Records for the exercise:
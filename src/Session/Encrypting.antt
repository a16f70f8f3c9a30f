-- ===== src/Session/Encrypting.antt =====
-- The encryption of a session (backend/session.rs).
use nethsm_pkcs.Common.{ℕ, none, some, List, Result, ok, err}
use nethsm_pkcs.Errors.{Error, operation_not_initialized, operation_active}
use nethsm_pkcs.Service.{Service}
use nethsm_pkcs.Mechanism.{Mechanism}
use nethsm_pkcs.Login.{Run, returns, ◌>>=◌}
use nethsm_pkcs.Db.{Db, Object}
use nethsm_pkcs.Encrypt
use nethsm_pkcs.Encrypt.{EncryptCtx, get_biggest_chunk_len}
use nethsm_pkcs.Session.{Session, key_of}

-- The context of a new operation, or the error that keeps the session as it is.
started : Result Error EncryptCtx → Session → Result Error (Unit {0}) × Session
started (ok c) s = (ok tt, record s { encrypt_ctx = some c })
started (err e) s = (err e, s)

init_with : Mechanism → Result Error Object → Session → Result Error (Unit {0}) × Session
unfolding started
init_with mechanism (err e) s = (err e, s)
init_with mechanism (ok key) s = started (Encrypt.init mechanism key s.login_ctx) s

unfoldable pub encrypt_init : Mechanism → ℕ → Db → Session → Result Error (Unit {0}) × Session
unfolding init_with key_of
encrypt_init mechanism key_handle db s = elim s.encrypt_ctx [
  | some c ↦ (err operation_active, s)
  | none ↦ init_with mechanism (key_of db key_handle) s
]

unfoldable pub encrypt_add_data : List ℕ → Session → Result Error (Unit {0}) × Session
encrypt_add_data bytes s = elim s.encrypt_ctx [
  | none ↦ (err operation_not_initialized, s)
  | some c ↦ (ok tt, record s { encrypt_ctx = some (Encrypt.add_data bytes c) })
]

unfoldable pub encrypt_get_theoretical_final_size : Session → Result Error ℕ
encrypt_get_theoretical_final_size s = elim s.encrypt_ctx [
  | none ↦ err operation_not_initialized
  | some c ↦ ok (get_biggest_chunk_len c)
]

unfoldable pub encrypt_clear : Session → Session
encrypt_clear s = record s { encrypt_ctx = none }

module _ {W : Type 0} (x : Service W) where
  unfoldable pub encrypt_available_data : Session → W → Run (Result Error (List ℕ) × Session × W)
  encrypt_available_data s w = elim s.encrypt_ctx [
    | none ↦ returns (err operation_not_initialized, s, w)
    | some c ↦ do
      (output, c', w') ← Encrypt.encrypt_available_data x c w
      returns (output, record s { encrypt_ctx = some c' }, w')
  ]

  unfoldable pub encrypt_final : Session → W → Run (Result Error (List ℕ) × W)
  encrypt_final s w = elim s.encrypt_ctx [
    | none ↦ returns (err operation_not_initialized, w)
    | some c ↦ Encrypt.encrypt_final x c w
  ]

  available_after :
      Result Error (Unit {0}) × Session → W → Run (Result Error (List ℕ) × Session × W)
  unfolding encrypt_available_data
  available_after (err e, s) w = returns (err e, s, w)
  available_after (ok done, s) w = encrypt_available_data s w

  unfoldable pub encrypt_update : List ℕ → Session → W → Run (Result Error (List ℕ) × Session × W)
  unfolding available_after encrypt_add_data encrypt_available_data
  encrypt_update bytes s w = available_after (encrypt_add_data bytes s) w

  final_after : Result Error (Unit {0}) × Session → W → Run (Result Error (List ℕ) × Session × W)
  unfolding encrypt_final
  final_after (err e, s) w = returns (err e, s, w)
  final_after (ok done, s) w = do (output, w') ← encrypt_final s w; returns (output, s, w')

  unfoldable pub encrypt : List ℕ → Session → W → Run (Result Error (List ℕ) × Session × W)
  unfolding final_after encrypt_add_data encrypt_final
  encrypt bytes s w = final_after (encrypt_add_data bytes s) w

Task prompt: Give back the listing above exactly as written.

Exercise solution:
filename src/Session/Encrypting.antt
repository a16f70f8f3c9a30f
-- ===== src/Session/Encrypting.antt =====
-- The encryption of a session (backend/session.rs).
use nethsm_pkcs.Common.{ℕ, none, some, List, Result, ok, err}
use nethsm_pkcs.Errors.{Error, operation_not_initialized, operation_active}
use nethsm_pkcs.Service.{Service}
use nethsm_pkcs.Mechanism.{Mechanism}
use nethsm_pkcs.Login.{Run, returns, ◌>>=◌}
use nethsm_pkcs.Db.{Db, Object}
use nethsm_pkcs.Encrypt
use nethsm_pkcs.Encrypt.{EncryptCtx, get_biggest_chunk_len}
use nethsm_pkcs.Session.{Session, key_of}

-- The context of a new operation, or the error that keeps the session as it is.
started : Result Error EncryptCtx → Session → Result Error (Unit {0}) × Session
started (ok c) s = (ok tt, record s { encrypt_ctx = some c })
started (err e) s = (err e, s)

init_with : Mechanism → Result Error Object → Session → Result Error (Unit {0}) × Session
unfolding started
init_with mechanism (err e) s = (err e, s)
init_with mechanism (ok key) s = started (Encrypt.init mechanism key s.login_ctx) s

unfoldable pub encrypt_init : Mechanism → ℕ → Db → Session → Result Error (Unit {0}) × Session
unfolding init_with key_of
encrypt_init mechanism key_handle db s = elim s.encrypt_ctx [
  | some c ↦ (err operation_active, s)
  | none ↦ init_with mechanism (key_of db key_handle) s
]

unfoldable pub encrypt_add_data : List ℕ → Session → Result Error (Unit {0}) × Session
encrypt_add_data bytes s = elim s.encrypt_ctx [
  | none ↦ (err operation_not_initialized, s)
  | some c ↦ (ok tt, record s { encrypt_ctx = some (Encrypt.add_data bytes c) })
]

unfoldable pub encrypt_get_theoretical_final_size : Session → Result Error ℕ
encrypt_get_theoretical_final_size s = elim s.encrypt_ctx [
  | none ↦ err operation_not_initialized
  | some c ↦ ok (get_biggest_chunk_len c)
]

unfoldable pub encrypt_clear : Session → Session
encrypt_clear s = record s { encrypt_ctx = none }

module _ {W : Type 0} (x : Service W) where
  unfoldable pub encrypt_available_data : Session → W → Run (Result Error (List ℕ) × Session × W)
  encrypt_available_data s w = elim s.encrypt_ctx [
    | none ↦ returns (err operation_not_initialized, s, w)
    | some c ↦ do
      (output, c', w') ← Encrypt.encrypt_available_data x c w
      returns (output, record s { encrypt_ctx = some c' }, w')
  ]

  unfoldable pub encrypt_final : Session → W → Run (Result Error (List ℕ) × W)
  encrypt_final s w = elim s.encrypt_ctx [
    | none ↦ returns (err operation_not_initialized, w)
    | some c ↦ Encrypt.encrypt_final x c w
  ]

  available_after :
      Result Error (Unit {0}) × Session → W → Run (Result Error (List ℕ) × Session × W)
  unfolding encrypt_available_data
  available_after (err e, s) w = returns (err e, s, w)
  available_after (ok done, s) w = encrypt_available_data s w

  unfoldable pub encrypt_update : List ℕ → Session → W → Run (Result Error (List ℕ) × Session × W)
  unfolding available_after encrypt_add_data encrypt_available_data
  encrypt_update bytes s w = available_after (encrypt_add_data bytes s) w

  final_after : Result Error (Unit {0}) × Session → W → Run (Result Error (List ℕ) × Session × W)
  unfolding encrypt_final
  final_after (err e, s) w = returns (err e, s, w)
  final_after (ok done, s) w = do (output, w') ← encrypt_final s w; returns (output, s, w')

  unfoldable pub encrypt : List ℕ → Session → W → Run (Result Error (List ℕ) × Session × W)
  unfolding final_after encrypt_add_data encrypt_final
  encrypt bytes s w = final_after (encrypt_add_data bytes s) w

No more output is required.